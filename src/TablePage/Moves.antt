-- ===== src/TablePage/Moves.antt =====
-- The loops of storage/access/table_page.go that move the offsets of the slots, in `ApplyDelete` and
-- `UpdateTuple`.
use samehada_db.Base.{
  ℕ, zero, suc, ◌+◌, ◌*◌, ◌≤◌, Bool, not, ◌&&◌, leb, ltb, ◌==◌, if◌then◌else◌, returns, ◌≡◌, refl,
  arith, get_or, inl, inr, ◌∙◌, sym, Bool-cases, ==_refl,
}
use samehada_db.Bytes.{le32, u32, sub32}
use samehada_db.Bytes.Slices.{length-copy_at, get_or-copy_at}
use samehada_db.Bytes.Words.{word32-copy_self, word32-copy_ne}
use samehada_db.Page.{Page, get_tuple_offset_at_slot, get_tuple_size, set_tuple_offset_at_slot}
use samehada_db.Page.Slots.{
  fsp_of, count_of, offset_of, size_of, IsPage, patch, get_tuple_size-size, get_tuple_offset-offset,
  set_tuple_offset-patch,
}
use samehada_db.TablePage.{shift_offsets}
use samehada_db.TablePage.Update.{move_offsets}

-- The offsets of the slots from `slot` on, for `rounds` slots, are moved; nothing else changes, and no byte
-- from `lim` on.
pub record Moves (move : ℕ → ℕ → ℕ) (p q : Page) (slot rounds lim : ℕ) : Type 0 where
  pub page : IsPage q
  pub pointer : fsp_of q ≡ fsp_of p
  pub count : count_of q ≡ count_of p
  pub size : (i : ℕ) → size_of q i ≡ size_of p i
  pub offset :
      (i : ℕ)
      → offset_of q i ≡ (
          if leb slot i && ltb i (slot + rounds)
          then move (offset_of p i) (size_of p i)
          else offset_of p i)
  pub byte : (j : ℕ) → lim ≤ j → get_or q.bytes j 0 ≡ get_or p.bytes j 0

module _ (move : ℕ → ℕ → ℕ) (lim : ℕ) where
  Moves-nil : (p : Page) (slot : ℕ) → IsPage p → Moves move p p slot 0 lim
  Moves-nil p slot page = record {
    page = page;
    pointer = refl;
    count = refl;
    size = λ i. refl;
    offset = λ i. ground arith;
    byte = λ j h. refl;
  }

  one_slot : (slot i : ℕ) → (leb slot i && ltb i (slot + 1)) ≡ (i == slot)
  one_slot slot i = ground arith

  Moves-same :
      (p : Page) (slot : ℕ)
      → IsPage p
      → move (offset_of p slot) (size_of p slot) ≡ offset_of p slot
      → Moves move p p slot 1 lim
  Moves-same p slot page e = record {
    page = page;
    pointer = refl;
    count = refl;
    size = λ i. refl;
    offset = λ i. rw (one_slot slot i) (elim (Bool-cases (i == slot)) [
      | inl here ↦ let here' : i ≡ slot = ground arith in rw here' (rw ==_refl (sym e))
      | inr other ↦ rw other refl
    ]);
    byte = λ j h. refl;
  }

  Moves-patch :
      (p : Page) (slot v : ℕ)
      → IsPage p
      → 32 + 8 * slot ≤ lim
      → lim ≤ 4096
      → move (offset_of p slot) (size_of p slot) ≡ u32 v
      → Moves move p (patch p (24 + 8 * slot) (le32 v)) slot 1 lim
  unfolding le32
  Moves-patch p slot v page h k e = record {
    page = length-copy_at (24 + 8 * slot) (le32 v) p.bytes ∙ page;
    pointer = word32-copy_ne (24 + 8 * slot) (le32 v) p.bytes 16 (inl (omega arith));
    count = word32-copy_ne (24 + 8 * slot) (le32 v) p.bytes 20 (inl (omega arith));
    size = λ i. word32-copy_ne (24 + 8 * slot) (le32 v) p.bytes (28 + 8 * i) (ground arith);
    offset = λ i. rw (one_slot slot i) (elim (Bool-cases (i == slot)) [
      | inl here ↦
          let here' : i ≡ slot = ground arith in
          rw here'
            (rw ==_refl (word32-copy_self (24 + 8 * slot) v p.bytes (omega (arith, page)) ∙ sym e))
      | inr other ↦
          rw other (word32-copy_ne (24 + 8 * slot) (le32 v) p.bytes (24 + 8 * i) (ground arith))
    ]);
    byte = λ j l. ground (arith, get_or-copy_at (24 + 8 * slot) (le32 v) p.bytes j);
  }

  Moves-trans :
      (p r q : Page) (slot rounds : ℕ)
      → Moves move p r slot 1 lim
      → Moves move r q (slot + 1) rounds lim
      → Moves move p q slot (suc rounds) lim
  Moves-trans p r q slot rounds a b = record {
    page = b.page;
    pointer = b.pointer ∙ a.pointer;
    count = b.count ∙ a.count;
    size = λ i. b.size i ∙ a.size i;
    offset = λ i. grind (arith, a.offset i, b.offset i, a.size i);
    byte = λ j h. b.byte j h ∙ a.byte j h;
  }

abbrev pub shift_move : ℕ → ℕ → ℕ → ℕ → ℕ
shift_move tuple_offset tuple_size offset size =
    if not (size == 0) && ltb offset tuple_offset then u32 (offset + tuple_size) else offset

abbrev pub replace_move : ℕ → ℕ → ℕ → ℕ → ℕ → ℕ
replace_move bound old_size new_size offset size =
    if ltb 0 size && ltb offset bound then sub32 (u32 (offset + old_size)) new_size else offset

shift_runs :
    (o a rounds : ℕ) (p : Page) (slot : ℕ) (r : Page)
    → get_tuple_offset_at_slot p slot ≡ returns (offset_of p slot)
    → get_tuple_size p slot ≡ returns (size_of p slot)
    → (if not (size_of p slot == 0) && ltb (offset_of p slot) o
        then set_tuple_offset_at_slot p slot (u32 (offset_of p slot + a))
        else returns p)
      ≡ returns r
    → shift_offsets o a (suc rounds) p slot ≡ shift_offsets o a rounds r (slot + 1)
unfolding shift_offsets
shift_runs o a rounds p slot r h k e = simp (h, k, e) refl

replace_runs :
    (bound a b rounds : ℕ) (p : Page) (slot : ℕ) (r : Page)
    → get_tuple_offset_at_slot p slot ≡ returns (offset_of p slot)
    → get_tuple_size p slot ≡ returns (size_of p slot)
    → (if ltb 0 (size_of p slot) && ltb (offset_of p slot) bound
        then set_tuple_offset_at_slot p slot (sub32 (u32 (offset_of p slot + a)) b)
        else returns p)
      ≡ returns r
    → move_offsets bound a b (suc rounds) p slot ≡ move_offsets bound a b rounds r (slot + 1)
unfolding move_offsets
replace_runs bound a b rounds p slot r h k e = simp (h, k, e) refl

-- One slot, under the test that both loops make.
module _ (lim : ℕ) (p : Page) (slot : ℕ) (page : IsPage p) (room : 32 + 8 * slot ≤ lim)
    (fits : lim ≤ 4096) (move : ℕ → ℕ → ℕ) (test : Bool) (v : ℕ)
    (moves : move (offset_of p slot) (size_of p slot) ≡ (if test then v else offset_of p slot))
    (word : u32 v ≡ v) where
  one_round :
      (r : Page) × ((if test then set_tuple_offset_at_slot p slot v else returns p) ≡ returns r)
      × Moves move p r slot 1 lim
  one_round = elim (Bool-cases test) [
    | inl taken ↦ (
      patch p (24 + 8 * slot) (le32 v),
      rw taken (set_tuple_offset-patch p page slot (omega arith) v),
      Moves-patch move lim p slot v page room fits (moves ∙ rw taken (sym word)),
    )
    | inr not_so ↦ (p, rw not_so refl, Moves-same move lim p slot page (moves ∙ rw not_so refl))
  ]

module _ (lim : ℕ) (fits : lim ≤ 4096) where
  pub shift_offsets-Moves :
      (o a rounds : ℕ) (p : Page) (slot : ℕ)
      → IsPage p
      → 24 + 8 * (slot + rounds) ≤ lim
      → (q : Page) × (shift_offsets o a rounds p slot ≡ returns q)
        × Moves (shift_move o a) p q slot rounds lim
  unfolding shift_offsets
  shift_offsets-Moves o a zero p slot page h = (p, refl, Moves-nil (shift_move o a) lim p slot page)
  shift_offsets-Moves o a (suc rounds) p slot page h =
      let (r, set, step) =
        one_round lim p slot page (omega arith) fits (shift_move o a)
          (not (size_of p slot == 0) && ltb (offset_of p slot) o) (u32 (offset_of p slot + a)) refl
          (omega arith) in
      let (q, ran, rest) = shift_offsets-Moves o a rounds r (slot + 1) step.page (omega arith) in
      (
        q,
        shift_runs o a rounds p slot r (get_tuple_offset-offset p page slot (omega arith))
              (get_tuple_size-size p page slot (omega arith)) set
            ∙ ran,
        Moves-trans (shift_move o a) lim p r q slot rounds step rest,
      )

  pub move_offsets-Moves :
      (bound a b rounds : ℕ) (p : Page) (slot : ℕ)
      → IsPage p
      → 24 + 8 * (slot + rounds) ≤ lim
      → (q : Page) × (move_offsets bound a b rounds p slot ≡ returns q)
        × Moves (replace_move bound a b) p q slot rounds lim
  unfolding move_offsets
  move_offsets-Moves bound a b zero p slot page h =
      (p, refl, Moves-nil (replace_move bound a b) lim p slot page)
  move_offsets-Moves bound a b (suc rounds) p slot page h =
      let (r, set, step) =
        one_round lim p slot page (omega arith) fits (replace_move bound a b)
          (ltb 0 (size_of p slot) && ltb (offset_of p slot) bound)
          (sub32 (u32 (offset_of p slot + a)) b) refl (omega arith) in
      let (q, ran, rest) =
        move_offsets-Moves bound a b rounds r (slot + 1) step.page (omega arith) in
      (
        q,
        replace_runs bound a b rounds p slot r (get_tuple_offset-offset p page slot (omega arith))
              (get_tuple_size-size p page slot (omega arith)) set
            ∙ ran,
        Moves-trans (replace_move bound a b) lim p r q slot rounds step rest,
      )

## TASK TO CARRY OUT
Give the count of lines in the data above holding the word "fits", and nothing beyond it.

## TASK RESPONSE
5